▸ What you have to do:
Nothing is to be altered; the data must be repeated exactly.

▸ Information:
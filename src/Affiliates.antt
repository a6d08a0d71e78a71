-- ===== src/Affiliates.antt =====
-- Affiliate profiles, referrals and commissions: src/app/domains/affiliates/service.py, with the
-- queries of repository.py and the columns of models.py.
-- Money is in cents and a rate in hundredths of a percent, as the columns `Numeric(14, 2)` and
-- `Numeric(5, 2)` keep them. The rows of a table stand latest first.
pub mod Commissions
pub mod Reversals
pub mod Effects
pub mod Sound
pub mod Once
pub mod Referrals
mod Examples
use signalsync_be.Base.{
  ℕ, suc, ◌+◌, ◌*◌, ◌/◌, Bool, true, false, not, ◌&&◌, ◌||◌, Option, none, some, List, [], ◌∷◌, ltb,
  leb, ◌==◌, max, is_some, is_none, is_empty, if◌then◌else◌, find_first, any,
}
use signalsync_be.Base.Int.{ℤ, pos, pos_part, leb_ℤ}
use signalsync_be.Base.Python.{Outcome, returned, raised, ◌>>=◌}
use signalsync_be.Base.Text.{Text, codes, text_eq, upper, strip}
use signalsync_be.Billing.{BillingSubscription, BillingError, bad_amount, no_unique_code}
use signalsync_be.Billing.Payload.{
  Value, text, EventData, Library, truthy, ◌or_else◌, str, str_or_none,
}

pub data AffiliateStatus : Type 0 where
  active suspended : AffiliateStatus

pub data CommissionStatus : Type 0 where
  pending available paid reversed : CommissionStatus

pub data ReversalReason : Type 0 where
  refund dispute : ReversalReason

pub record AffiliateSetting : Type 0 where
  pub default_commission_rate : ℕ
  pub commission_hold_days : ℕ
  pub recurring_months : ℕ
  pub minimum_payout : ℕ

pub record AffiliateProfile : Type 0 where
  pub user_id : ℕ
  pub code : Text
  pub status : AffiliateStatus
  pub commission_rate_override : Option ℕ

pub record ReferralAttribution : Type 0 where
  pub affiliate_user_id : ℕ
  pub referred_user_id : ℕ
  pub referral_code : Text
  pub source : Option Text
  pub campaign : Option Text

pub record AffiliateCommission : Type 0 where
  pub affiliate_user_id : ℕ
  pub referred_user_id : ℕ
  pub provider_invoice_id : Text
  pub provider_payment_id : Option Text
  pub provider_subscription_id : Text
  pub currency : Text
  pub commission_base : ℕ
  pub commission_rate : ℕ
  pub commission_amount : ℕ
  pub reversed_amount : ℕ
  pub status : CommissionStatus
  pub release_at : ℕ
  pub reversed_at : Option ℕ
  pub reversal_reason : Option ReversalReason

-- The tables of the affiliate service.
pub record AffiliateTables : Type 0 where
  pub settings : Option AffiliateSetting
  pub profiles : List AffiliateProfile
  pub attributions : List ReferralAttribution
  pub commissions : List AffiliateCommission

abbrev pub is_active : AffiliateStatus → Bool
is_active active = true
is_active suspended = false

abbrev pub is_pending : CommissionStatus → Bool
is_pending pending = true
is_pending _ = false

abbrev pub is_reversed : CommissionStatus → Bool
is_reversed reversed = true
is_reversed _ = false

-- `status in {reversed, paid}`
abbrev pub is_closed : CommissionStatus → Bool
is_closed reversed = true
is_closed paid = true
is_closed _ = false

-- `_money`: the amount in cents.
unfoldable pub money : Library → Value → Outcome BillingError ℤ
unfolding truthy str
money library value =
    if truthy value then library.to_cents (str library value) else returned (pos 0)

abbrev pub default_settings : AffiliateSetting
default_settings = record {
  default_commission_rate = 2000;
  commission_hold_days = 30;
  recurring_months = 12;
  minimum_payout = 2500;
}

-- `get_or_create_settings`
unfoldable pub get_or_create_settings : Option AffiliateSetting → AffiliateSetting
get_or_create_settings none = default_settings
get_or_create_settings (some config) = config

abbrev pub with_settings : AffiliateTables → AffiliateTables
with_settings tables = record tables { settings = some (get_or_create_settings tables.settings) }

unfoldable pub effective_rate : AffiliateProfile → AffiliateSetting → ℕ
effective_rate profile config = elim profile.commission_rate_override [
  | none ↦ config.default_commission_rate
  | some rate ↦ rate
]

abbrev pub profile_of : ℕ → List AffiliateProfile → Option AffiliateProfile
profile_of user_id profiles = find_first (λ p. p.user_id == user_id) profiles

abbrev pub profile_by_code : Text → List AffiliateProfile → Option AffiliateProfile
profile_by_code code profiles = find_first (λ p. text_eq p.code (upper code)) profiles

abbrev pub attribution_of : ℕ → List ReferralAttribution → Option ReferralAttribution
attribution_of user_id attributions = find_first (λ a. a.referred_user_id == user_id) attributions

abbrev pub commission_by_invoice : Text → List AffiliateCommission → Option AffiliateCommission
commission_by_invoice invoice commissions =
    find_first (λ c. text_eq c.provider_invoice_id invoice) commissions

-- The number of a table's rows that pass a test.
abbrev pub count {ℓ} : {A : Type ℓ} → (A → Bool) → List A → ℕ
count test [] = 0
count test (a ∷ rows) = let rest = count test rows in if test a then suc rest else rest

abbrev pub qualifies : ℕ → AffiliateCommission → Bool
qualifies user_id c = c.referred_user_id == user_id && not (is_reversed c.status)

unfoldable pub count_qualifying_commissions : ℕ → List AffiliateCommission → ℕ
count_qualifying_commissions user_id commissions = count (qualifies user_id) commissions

▸ Solution:
filename src/Affiliates.antt
repository a6d08a0d71e78a71
-- ===== src/Affiliates.antt =====
-- Affiliate profiles, referrals and commissions: src/app/domains/affiliates/service.py, with the
-- queries of repository.py and the columns of models.py.
-- Money is in cents and a rate in hundredths of a percent, as the columns `Numeric(14, 2)` and
-- `Numeric(5, 2)` keep them. The rows of a table stand latest first.
pub mod Commissions
pub mod Reversals
pub mod Effects
pub mod Sound
pub mod Once
pub mod Referrals
mod Examples
use signalsync_be.Base.{
  ℕ, suc, ◌+◌, ◌*◌, ◌/◌, Bool, true, false, not, ◌&&◌, ◌||◌, Option, none, some, List, [], ◌∷◌, ltb,
  leb, ◌==◌, max, is_some, is_none, is_empty, if◌then◌else◌, find_first, any,
}
use signalsync_be.Base.Int.{ℤ, pos, pos_part, leb_ℤ}
use signalsync_be.Base.Python.{Outcome, returned, raised, ◌>>=◌}
use signalsync_be.Base.Text.{Text, codes, text_eq, upper, strip}
use signalsync_be.Billing.{BillingSubscription, BillingError, bad_amount, no_unique_code}
use signalsync_be.Billing.Payload.{
  Value, text, EventData, Library, truthy, ◌or_else◌, str, str_or_none,
}

pub data AffiliateStatus : Type 0 where
  active suspended : AffiliateStatus

pub data CommissionStatus : Type 0 where
  pending available paid reversed : CommissionStatus

pub data ReversalReason : Type 0 where
  refund dispute : ReversalReason

pub record AffiliateSetting : Type 0 where
  pub default_commission_rate : ℕ
  pub commission_hold_days : ℕ
  pub recurring_months : ℕ
  pub minimum_payout : ℕ

pub record AffiliateProfile : Type 0 where
  pub user_id : ℕ
  pub code : Text
  pub status : AffiliateStatus
  pub commission_rate_override : Option ℕ

pub record ReferralAttribution : Type 0 where
  pub affiliate_user_id : ℕ
  pub referred_user_id : ℕ
  pub referral_code : Text
  pub source : Option Text
  pub campaign : Option Text

pub record AffiliateCommission : Type 0 where
  pub affiliate_user_id : ℕ
  pub referred_user_id : ℕ
  pub provider_invoice_id : Text
  pub provider_payment_id : Option Text
  pub provider_subscription_id : Text
  pub currency : Text
  pub commission_base : ℕ
  pub commission_rate : ℕ
  pub commission_amount : ℕ
  pub reversed_amount : ℕ
  pub status : CommissionStatus
  pub release_at : ℕ
  pub reversed_at : Option ℕ
  pub reversal_reason : Option ReversalReason

-- The tables of the affiliate service.
pub record AffiliateTables : Type 0 where
  pub settings : Option AffiliateSetting
  pub profiles : List AffiliateProfile
  pub attributions : List ReferralAttribution
  pub commissions : List AffiliateCommission

abbrev pub is_active : AffiliateStatus → Bool
is_active active = true
is_active suspended = false

abbrev pub is_pending : CommissionStatus → Bool
is_pending pending = true
is_pending _ = false

abbrev pub is_reversed : CommissionStatus → Bool
is_reversed reversed = true
is_reversed _ = false

-- `status in {reversed, paid}`
abbrev pub is_closed : CommissionStatus → Bool
is_closed reversed = true
is_closed paid = true
is_closed _ = false

-- `_money`: the amount in cents.
unfoldable pub money : Library → Value → Outcome BillingError ℤ
unfolding truthy str
money library value =
    if truthy value then library.to_cents (str library value) else returned (pos 0)

abbrev pub default_settings : AffiliateSetting
default_settings = record {
  default_commission_rate = 2000;
  commission_hold_days = 30;
  recurring_months = 12;
  minimum_payout = 2500;
}

-- `get_or_create_settings`
unfoldable pub get_or_create_settings : Option AffiliateSetting → AffiliateSetting
get_or_create_settings none = default_settings
get_or_create_settings (some config) = config

abbrev pub with_settings : AffiliateTables → AffiliateTables
with_settings tables = record tables { settings = some (get_or_create_settings tables.settings) }

unfoldable pub effective_rate : AffiliateProfile → AffiliateSetting → ℕ
effective_rate profile config = elim profile.commission_rate_override [
  | none ↦ config.default_commission_rate
  | some rate ↦ rate
]

abbrev pub profile_of : ℕ → List AffiliateProfile → Option AffiliateProfile
profile_of user_id profiles = find_first (λ p. p.user_id == user_id) profiles

abbrev pub profile_by_code : Text → List AffiliateProfile → Option AffiliateProfile
profile_by_code code profiles = find_first (λ p. text_eq p.code (upper code)) profiles

abbrev pub attribution_of : ℕ → List ReferralAttribution → Option ReferralAttribution
attribution_of user_id attributions = find_first (λ a. a.referred_user_id == user_id) attributions

abbrev pub commission_by_invoice : Text → List AffiliateCommission → Option AffiliateCommission
commission_by_invoice invoice commissions =
    find_first (λ c. text_eq c.provider_invoice_id invoice) commissions

-- The number of a table's rows that pass a test.
abbrev pub count {ℓ} : {A : Type ℓ} → (A → Bool) → List A → ℕ
count test [] = 0
count test (a ∷ rows) = let rest = count test rows in if test a then suc rest else rest

abbrev pub qualifies : ℕ → AffiliateCommission → Bool
qualifies user_id c = c.referred_user_id == user_id && not (is_reversed c.status)

unfoldable pub count_qualifying_commissions : ℕ → List AffiliateCommission → ℕ
count_qualifying_commissions user_id commissions = count (qualifies user_id) commissions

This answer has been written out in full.